ウレシパモシリって何?
首藤 久義(しゅとうひさよし)
保育と自然をつなぐ研究会ウレシパモシリ顧問
千葉大学名誉教授
人が生まれて育つ大きな力は、自然の力です。自然の力は環境の中にあるだけでなく、体の中にもあります。人の体の中にある生命力も自然の力です。人は、体の内と外にある自然によって生まれ育ちます。
人間の知恵は、自然に手を加えて、生活を便利にするさまざまなものを生み出して利用してきました。が、その知恵が行き過ぎて自然を使い尽くしてしまった都市や国はほろびます。自然は命の泉です。泉が枯れると大地は砂漠になり、人の心はひからびます。
人の体も、人の心も、もともとは、森や大地や川や海や空という、おおむかしからある大いなる自然から生まれたものです。
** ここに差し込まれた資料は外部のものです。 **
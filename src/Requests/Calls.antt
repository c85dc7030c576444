-- ===== src/Requests/Calls.antt =====
-- native/src/api.rs: the entry points that queue one command, as one type of calls.
use Prim.Native.Nat.{ℕ}
use beta.Base.{Bool, Option, List, Text}
use beta.Base.Word.{Signed}
use beta.Text.{CString}
use beta.Command.{Command}
use beta.Engine.{Engine}
use beta.Requests.Chat.{
  ts_send_channel_message, ts_send_private_message, ts_send_server_message, ts_move_to_channel,
}
use beta.Requests.Channels.{
  ts_create_channel, ts_edit_channel, ts_delete_channel, ts_move_channel_tree, ts_subscribe_channel,
  ts_unsubscribe_channel, ts_channel_description,
}
use beta.Requests.Moderation.{
  ts_kick_client, ts_ban_client, ts_ban_uid, ts_ban_address, ts_ban_delete, ts_list_bans,
  ts_add_client_to_group, ts_remove_client_from_group, ts_complain_add, ts_set_talker,
  ts_poke_client, ts_move_client,
}
use beta.Requests.Status.{
  ts_set_away, ts_set_nickname, ts_set_channel_commander, ts_set_muted, ts_send_audio,
}
use beta.Requests.Files.{ts_delete_file, ts_create_directory, ts_rename_file, ts_use_token}

pub data Request : Type 0 where
  channel_message : (cid : ℕ) (msg : CString) → Request
  private_message : (client_id : ℕ) (msg : CString) → Request
  server_message : (msg : CString) → Request
  move_to_channel : (cid : ℕ) (password : CString) → Request
  creates_channel :
      (parent_id : ℕ) (name topic description password : CString) (max_clients : Signed)
      (permanent semi_permanent : ℕ)
      → Request
  edits_channel :
      (channel_id : ℕ) (name topic description password : CString)
      (has_password max_clients permanent semi_permanent : Signed)
      → Request
  deletes_channel : (channel_id force : ℕ) → Request
  moves_channel_tree : (channel_id parent_id order : ℕ) → Request
  subscribes : (channel_id : ℕ) → Request
  unsubscribes : (channel_id : ℕ) → Request
  describes : (channel_id : ℕ) → Request
  kicks : (client_id from_server : ℕ) (reason : CString) → Request
  bans : (client_id seconds : ℕ) (reason : CString) → Request
  bans_uid : (uid : CString) (seconds : ℕ) (reason : CString) → Request
  bans_address : (ip name : CString) (seconds : ℕ) (reason : CString) → Request
  deletes_ban : (ban_id : ℕ) → Request
  lists_bans : Request
  adds_to_group : (client_id group_id : ℕ) → Request
  removes_from_group : (client_id group_id : ℕ) → Request
  complains : (client_id : ℕ) (message : CString) → Request
  sets_talker : (client_id talk_power_granted : ℕ) → Request
  pokes : (client_id : ℕ) (message : CString) → Request
  moves_client : (client_id channel_id : ℕ) (password : CString) → Request
  sets_away : (away : ℕ) (message : CString) → Request
  sets_nickname : (name : CString) → Request
  sets_channel_commander : (enabled : ℕ) → Request
  sets_muted : (inp out : ℕ) → Request
  sends_audio : (samples : List ℕ) → Request
  deletes_file : (channel_id : ℕ) (path channel_password : CString) → Request
  creates_directory : (channel_id : ℕ) (path channel_password : CString) → Request
  renames_file :
      (channel_id : ℕ) (old_name new_name channel_password : CString) (target_channel_id : ℕ)
      (target_channel_password : CString)
      → Request
  uses_token : (token : CString) → Request

module _ {Tx : Type 0} (send : Tx → Command → Option Tx) (is_ip_addr : Text → Bool) (e : Engine Tx)
    (conn_id : ℕ) where
  unfoldable pub call : Request → Engine Tx × ℕ
  call (channel_message cid msg) = ts_send_channel_message send e conn_id cid msg
  call (private_message client_id msg) = ts_send_private_message send e conn_id client_id msg
  call (server_message msg) = ts_send_server_message send e conn_id msg
  call (move_to_channel cid password) = ts_move_to_channel send e conn_id cid password
  call
        (creates_channel parent_id name topic description password max_clients permanent
          semi_permanent) =
      ts_create_channel send e conn_id parent_id name topic description password max_clients
        permanent semi_permanent
  call
        (edits_channel channel_id name topic description password has_password max_clients permanent
          semi_permanent) =
      ts_edit_channel send e conn_id channel_id name topic description password has_password
        max_clients permanent semi_permanent
  call (deletes_channel channel_id force) = ts_delete_channel send e conn_id channel_id force
  call (moves_channel_tree channel_id parent_id order) =
      ts_move_channel_tree send e conn_id channel_id parent_id order
  call (subscribes channel_id) = ts_subscribe_channel send e conn_id channel_id
  call (unsubscribes channel_id) = ts_unsubscribe_channel send e conn_id channel_id
  call (describes channel_id) = ts_channel_description send e conn_id channel_id
  call (kicks client_id from_server reason) =
      ts_kick_client send e conn_id client_id from_server reason
  call (bans client_id seconds reason) = ts_ban_client send e conn_id client_id seconds reason
  call (bans_uid uid seconds reason) = ts_ban_uid send e conn_id uid seconds reason
  call (bans_address ip name seconds reason) =
      ts_ban_address send e conn_id is_ip_addr ip name seconds reason
  call (deletes_ban ban_id) = ts_ban_delete send e conn_id ban_id
  call lists_bans = ts_list_bans send e conn_id
  call (adds_to_group client_id group_id) = ts_add_client_to_group send e conn_id client_id group_id
  call (removes_from_group client_id group_id) =
      ts_remove_client_from_group send e conn_id client_id group_id
  call (complains client_id message) = ts_complain_add send e conn_id client_id message
  call (sets_talker client_id talk_power_granted) =
      ts_set_talker send e conn_id client_id talk_power_granted
  call (pokes client_id message) = ts_poke_client send e conn_id client_id message
  call (moves_client client_id channel_id password) =
      ts_move_client send e conn_id client_id channel_id password
  call (sets_away away message) = ts_set_away send e conn_id away message
  call (sets_nickname name) = ts_set_nickname send e conn_id name
  call (sets_channel_commander enabled) = ts_set_channel_commander send e conn_id enabled
  call (sets_muted inp out) = ts_set_muted send e conn_id inp out
  call (sends_audio samples) = ts_send_audio send e conn_id samples
  call (deletes_file channel_id path channel_password) =
      ts_delete_file send e conn_id channel_id path channel_password
  call (creates_directory channel_id path channel_password) =
      ts_create_directory send e conn_id channel_id path channel_password
  call
        (renames_file channel_id old_name new_name channel_password target_channel_id
          target_channel_password) =
      ts_rename_file send e conn_id channel_id old_name new_name channel_password target_channel_id
        target_channel_password
  call (uses_token token) = ts_use_token send e conn_id token
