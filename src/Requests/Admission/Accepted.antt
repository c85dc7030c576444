-- ===== src/Requests/Admission/Accepted.antt =====
-- The requests that the entry points accept, in the words of the user interface.
use Prim.Native.Nat.{ℕ}
use beta.Base.{Bool, true, false, Option, some, Text, List, length, ◌≡◌, ◌≢◌, ◌≤◌, ◌<◌, arith}
use beta.Base.Word.{as_u16, u16_max}
use beta.Text.{CString, trim, opt_cstr, optional_reason, non_empty, or_empty}
use beta.Command.{
  Command, add_client_to_group, ban_client, ban_uid, delete_channel, delete_file, kick_client,
  move_channel, poke_client, remove_client_from_group, send_audio, send_message, set_away,
  set_muted, set_nickname, set_talker, subscribe_channel, use_token,
}
use beta.Engine.{Engine, is_connected, own_client_id}
use beta.Requests.Queue.{nonzero, queue_command}
use beta.Requests.Chat.{
  ts_send_channel_message, ts_send_private_message, ts_send_server_message, ts_move_to_channel,
}
use beta.Requests.Channels.{ts_subscribe_channel, ts_unsubscribe_channel, ts_delete_channel}
use beta.Requests.Moderation.{
  database_id_of, ts_kick_client, ts_ban_client, ts_ban_uid, ts_add_client_to_group,
  ts_remove_client_from_group, ts_set_talker, ts_poke_client,
}
use beta.Requests.Status.{ts_set_nickname, ts_set_away, ts_set_muted, ts_send_audio}
use beta.Requests.Files.{ts_delete_file, ts_use_token}
use beta.Requests.Calls.{
  Request, call, adds_to_group, bans, bans_uid, channel_message, deletes_channel, deletes_file,
  kicks, move_to_channel, pokes, private_message, removes_from_group, sends_audio, server_message,
  sets_away, sets_muted, sets_nickname, sets_talker, subscribes, unsubscribes, uses_token,
}

module _ {Tx : Type 0} (e : Engine Tx) (conn_id : ℕ) where
  -- `Asks r c`: the request `r` is valid in the session and asks for the command `c`.
  pub data Asks : Request → Command → Type 0 where
    asks_channel_message :
        (cid : ℕ) (message : Text)
        → 0 < length message
        → Asks (channel_message cid (some message)) (send_message 2 0 message)
    asks_private_message :
        (client_id : ℕ) (message : Text)
        → client_id ≢ 0
        → client_id ≤ u16_max
        → 0 < length message
        → Asks (private_message client_id (some message)) (send_message 1 client_id message)
    asks_server_message :
        (message : Text)
        → 0 < length message
        → Asks (server_message (some message)) (send_message 3 0 message)
    asks_move :
        (cid : ℕ) (password : CString)
        → Asks
            (move_to_channel cid password)
            (move_channel (as_u16 (own_client_id e conn_id)) cid (non_empty password))
    asks_subscription :
        (channel_id : ℕ)
        → channel_id ≢ 0
        → Asks (subscribes channel_id) (subscribe_channel channel_id false)
    asks_unsubscription :
        (channel_id : ℕ)
        → channel_id ≢ 0
        → Asks (unsubscribes channel_id) (subscribe_channel channel_id true)
    asks_deletion :
        (channel_id force : ℕ)
        → channel_id ≢ 0
        → Asks (deletes_channel channel_id force) (delete_channel channel_id (nonzero force))
    asks_kick :
        (client_id from_server : ℕ) (reason : CString)
        → client_id ≢ 0
        → client_id ≢ own_client_id e conn_id
        → Asks
            (kicks client_id from_server reason)
            (kick_client client_id (nonzero from_server) (optional_reason reason))
    asks_ban :
        (client_id seconds : ℕ) (reason : CString)
        → client_id ≢ 0
        → client_id ≢ own_client_id e conn_id
        → Asks
            (bans client_id seconds reason)
            (ban_client client_id seconds (optional_reason reason))
    asks_uid_ban :
        (uid : Text) (seconds : ℕ) (reason : CString)
        → 0 < length (trim uid)
        → Asks
            (bans_uid (some uid) seconds reason)
            (ban_uid (trim uid) seconds (optional_reason reason))
    asks_group_addition :
        (client_id group_id : ℕ)
        → group_id ≢ 0
        → database_id_of e conn_id client_id ≢ 0
        → Asks
            (adds_to_group client_id group_id)
            (add_client_to_group (database_id_of e conn_id client_id) group_id)
    asks_group_removal :
        (client_id group_id : ℕ)
        → group_id ≢ 0
        → database_id_of e conn_id client_id ≢ 0
        → Asks
            (removes_from_group client_id group_id)
            (remove_client_from_group (database_id_of e conn_id client_id) group_id)
    asks_silence :
        (client_id granted : ℕ)
        → client_id ≢ 0
        → client_id ≢ own_client_id e conn_id
        → Asks (sets_talker client_id granted) (set_talker client_id (nonzero granted))
    asks_poke :
        (client_id : ℕ) (message text : Text)
        → client_id ≢ 0
        → optional_reason (some message) ≡ some text
        → Asks (pokes client_id (some message)) (poke_client client_id text)
    asks_nickname :
        (name : Text)
        → 3 ≤ length (trim name)
        → length (trim name) ≤ 30
        → Asks (sets_nickname (some name)) (set_nickname (trim name))
    asks_away :
        (away : ℕ) (message : CString)
        → Asks (sets_away away message) (set_away (nonzero away) (opt_cstr message 200))
    asks_mute : (inp out : ℕ) → Asks (sets_muted inp out) (set_muted (nonzero inp) (nonzero out))
    asks_voice :
        (samples : List ℕ) → 0 < length samples → Asks (sends_audio samples) (send_audio samples)
    asks_file_deletion :
        (channel_id : ℕ) (path : Text) (password : CString)
        → 0 < length (trim path)
        → Asks
            (deletes_file channel_id (some path) password)
            (delete_file channel_id (or_empty password) (trim path))
    asks_token :
        (token : Text)
        → 0 < length (trim token)
        → Asks (uses_token (some token)) (use_token (trim token))

module _ {Tx : Type 0} (send : Tx → Command → Option Tx) (is_ip_addr : Text → Bool) (e : Engine Tx)
    (conn_id : ℕ) where
  -- No guard refuses a valid request in a connected session: the command that it asks for is given
  -- to `queue_command`, which still returns 0 where the channel is closed.
  pub call-Asks :
      (r : Request) (c : Command)
      → is_connected e conn_id ≡ true
      → Asks e conn_id r c
      → call send is_ip_addr e conn_id r ≡ queue_command send e conn_id c
  unfolding call ts_send_channel_message ts_send_private_message ts_send_server_message
      ts_move_to_channel ts_subscribe_channel ts_unsubscribe_channel ts_delete_channel
      ts_kick_client ts_ban_client ts_ban_uid ts_add_client_to_group ts_remove_client_from_group
      ts_set_talker ts_poke_client ts_set_nickname ts_set_away ts_set_muted ts_send_audio
      ts_delete_file ts_use_token
  call-Asks _ _ on (asks_channel_message cid message h0) = ground arith
  call-Asks _ _ on (asks_private_message client_id message h0 h1 h2) = ground arith
  call-Asks _ _ on (asks_server_message message h0) = ground arith
  call-Asks _ _ on (asks_move cid password) = ground arith
  call-Asks _ _ on (asks_subscription channel_id h0) = ground arith
  call-Asks _ _ on (asks_unsubscription channel_id h0) = ground arith
  call-Asks _ _ on (asks_deletion channel_id force h0) = ground arith
  call-Asks _ _ on (asks_kick client_id from_server reason h0 h1) = ground arith
  call-Asks _ _ on (asks_ban client_id seconds reason h0 h1) = ground arith
  call-Asks _ _ on (asks_uid_ban uid seconds reason h0) = ground arith
  call-Asks _ _ on (asks_group_addition client_id group_id h0 h1) = ground arith
  call-Asks _ _ on (asks_group_removal client_id group_id h0 h1) = ground arith
  call-Asks _ _ on (asks_silence client_id granted h0 h1) = ground arith
  call-Asks _ _ on (asks_poke client_id message text h0 h1) = ground arith
  call-Asks _ _ on (asks_nickname name h0 h1) = ground arith
  call-Asks _ _ on (asks_away away message) = ground arith
  call-Asks _ _ on (asks_mute inp out) = ground arith
  call-Asks _ _ on (asks_voice samples h0) = ground arith
  call-Asks _ _ on (asks_file_deletion channel_id path password h0) = ground arith
  call-Asks _ _ on (asks_token token h0) = ground arith
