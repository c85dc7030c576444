-- ===== src/EventLoop/Wire.antt =====
-- What the event loop of native/src/api.rs hands to tsclientlib: the parts of the messages, with
-- the fields that the engine sets, and the voice packets. A field that the engine always leaves out
-- is not here.
use Prim.Native.Nat.{ℕ}
use beta.Base.{Bool, Option, List, Text}
use beta.Base.Word.{Signed}

pub data Target : Type 0 where
  client : Target
  channel : Target
  server : Target

-- `OutClientUpdatePart`.
pub record ClientUpdate : Type 0 where
  pub name : Option Text
  pub input_muted : Option Bool
  pub output_muted : Option Bool
  pub is_away : Option Bool
  pub away_message : Option Text
  pub is_channel_commander : Option Bool

pub data Message : Type 0 where
  send_text_message : (target : Target) (target_client_id : Option ℕ) (message : Text) → Message
  client_move : (client_id channel_id : ℕ) (channel_password : Option Text) → Message
  client_update : ClientUpdate → Message
  client_kick : (client_id : ℕ) (from_server : Bool) (reason_message : Option Text) → Message
  ban_client : (client_id : ℕ) (time : Option Signed) (ban_reason : Option Text) → Message
  ban_add :
      (ip name : Option Text) (uid : Option (List ℕ)) (time : Option Signed)
      (ban_reason : Option Text)
      → Message
  ban_del : (ban_id : ℕ) → Message
  ban_list_request : Message
  channel_subscribe : (channel_id : ℕ) → Message
  channel_unsubscribe : (channel_id : ℕ) → Message
  channel_description_request : (channel_id : ℕ) → Message
  server_group_add_client : (server_group_id client_db_id : ℕ) → Message
  server_group_del_client : (server_group_id client_db_id : ℕ) → Message
  complain_add : (target_client_db_id : ℕ) (message : Text) → Message
  client_edit : (client_id : ℕ) (talk_power_granted : Bool) → Message
  client_poke_request : (client_id : ℕ) (message : Text) → Message
  init_download :
      (client_filetransfer_id : ℕ) (name : Text) (channel_id : ℕ) (channel_password : Text)
      → Message
  file_list_request : (channel_id : ℕ) (channel_password path : Text) → Message
  delete_file : (channel_id : ℕ) (channel_password name : Text) → Message
  create_directory : (channel_id : ℕ) (channel_password directory_name : Text) → Message
  rename_file :
      (channel_id : ℕ) (channel_password : Text) (target_channel_id : Option ℕ)
      (target_channel_password : Option Text) (old_name new_name : Text)
      → Message
  file_info_request : (channel_id : ℕ) (channel_password name : Text) → Message
  privilege_key_use : (token : Text) → Message
  channel_create :
      (parent_id : Option ℕ) (name : Text) (topic description password : Option Text)
      (max_clients : Option Signed) (has_password is_permanent is_semi_permanent : Bool)
      → Message
  channel_edit :
      (channel_id : ℕ) (name topic : Option Text) (has_password : Option Bool)
      (password : Option Text) (is_permanent is_semi_permanent : Option Bool)
      (max_clients : Option Signed) (description : Option Text)
      → Message
  channel_delete : (channel_id : ℕ) (force : Bool) → Message
  channel_move : (channel_id parent_id : ℕ) (order : Option ℕ) → Message

-- The stream of a voice packet: to the channel, or to the targets of a whisper.
pub data Stream : Type 0 where
  voice : Stream
  whisper : (channels clients : List ℕ) → Stream

pub record VoicePacket : Type 0 where
  pub stream : Stream
  pub id : ℕ
  pub payload : List ℕ

-- The calls of tsclientlib in their order.
pub data Sent : Type 0 where
  message : Message → Sent
  audio : VoicePacket → Sent
  upload :
      (channel_id : ℕ) (remote_path : Text) (channel_password : Option Text) (size : ℕ)
      (overwrite : Bool)
      → Sent
  farewell : Sent
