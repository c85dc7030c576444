-- ===== src/Uid.antt =====
-- native/src/api.rs: `base64_decode_uid`. A byte of the text is its code point; a code point beyond
-- ASCII has only bytes that stand for no value either.
mod RoundTrip
mod Tests
use Prim.Native.Nat.{ℕ, ◌+◌, ◌-◌, ◌*◌, ◌/◌, ◌%◌, ◌^◌}
use beta.Base.{
  Bool, true, false, ◌&&◌, Option, none, some, List, [], ◌∷◌, ◌++◌, Text, is_empty, leb, ◌==◌,
  if◌then◌else◌,
}

pub value : ℕ → Option ℕ
value c =
    if leb 65 c && leb c 90
    then some (c - 65)
    else if leb 97 c && leb c 122
    then some (c - 97 + 26)
    else if leb 48 c && leb c 57
    then some (c - 48 + 52)
    else if c == 43
    then some 62
    else if c == 47
    then some 63
    else none

-- `trim_end_matches('=')`.
pub trim_padding : Text → Text
trim_padding [] = []
trim_padding (c ∷ s) =
    let rest = trim_padding s in if is_empty rest && c == 61 then [] else c ∷ rest

-- The loop: `buffer` is a `u32`, of which `bits` bits are still to be put out.
pub decode : (buffer bits : ℕ) (out : List ℕ) → Text → Option (List ℕ)
unfolding value
decode buffer bits out [] = some out
decode buffer bits out (c ∷ s) = elim (value c) [
  | none ↦ none
  | some v ↦
      let next = buffer * 64 % 2 ^ 32 + v in
      let shorter = decode next (bits + 6 - 8) (out ++ next / 2 ^ (bits + 6 - 8) % 256 ∷ []) s in
      let longer = decode next (bits + 6) out s in if leb 8 (bits + 6) then shorter else longer
]

non_empty_bytes : List ℕ → Option (List ℕ)
non_empty_bytes out = if is_empty out then none else some out

pub base64_decode_uid : Text → Option (List ℕ)
unfolding trim_padding decode non_empty_bytes
base64_decode_uid input =
    if is_empty (trim_padding input)
    then none
    else elim (decode 0 0 [] (trim_padding input)) [ none ↦ none | some out ↦ non_empty_bytes out ]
人類の知恵が生んだ科学技術も、行き過ぎると、人を守り育てる自然を傷つけたり、自然から人間を遠ざけたりします。そうなると、自然にはぐくまれ、支えられている人の心も体も、弱ったり傷ついたりします。
いつのまにか自然から離れすぎてしまった保育や教育の場に自然をとりもどそうと願い、その具体的な手立てを考えて実践しているのが、「保育と自然をつなぐ研究会:ウレシパモシリ」です。
ウレシパモシリは、森の自然を園庭に持ち込む手立てを考えて実践したり、園庭にある木や草や土や水などの自然を活用する手立てを考えて実践したり、園庭や園舎を見直したり、保育や教育の内容や方法を見直して、自然の良さや自然の力が生かされるような工夫を提案しています。周囲の自然を活用し、子どもの体と心の自然を大切にして、生きるエネルギーと育つエネルギーを高めるための、具体的な活動をしています。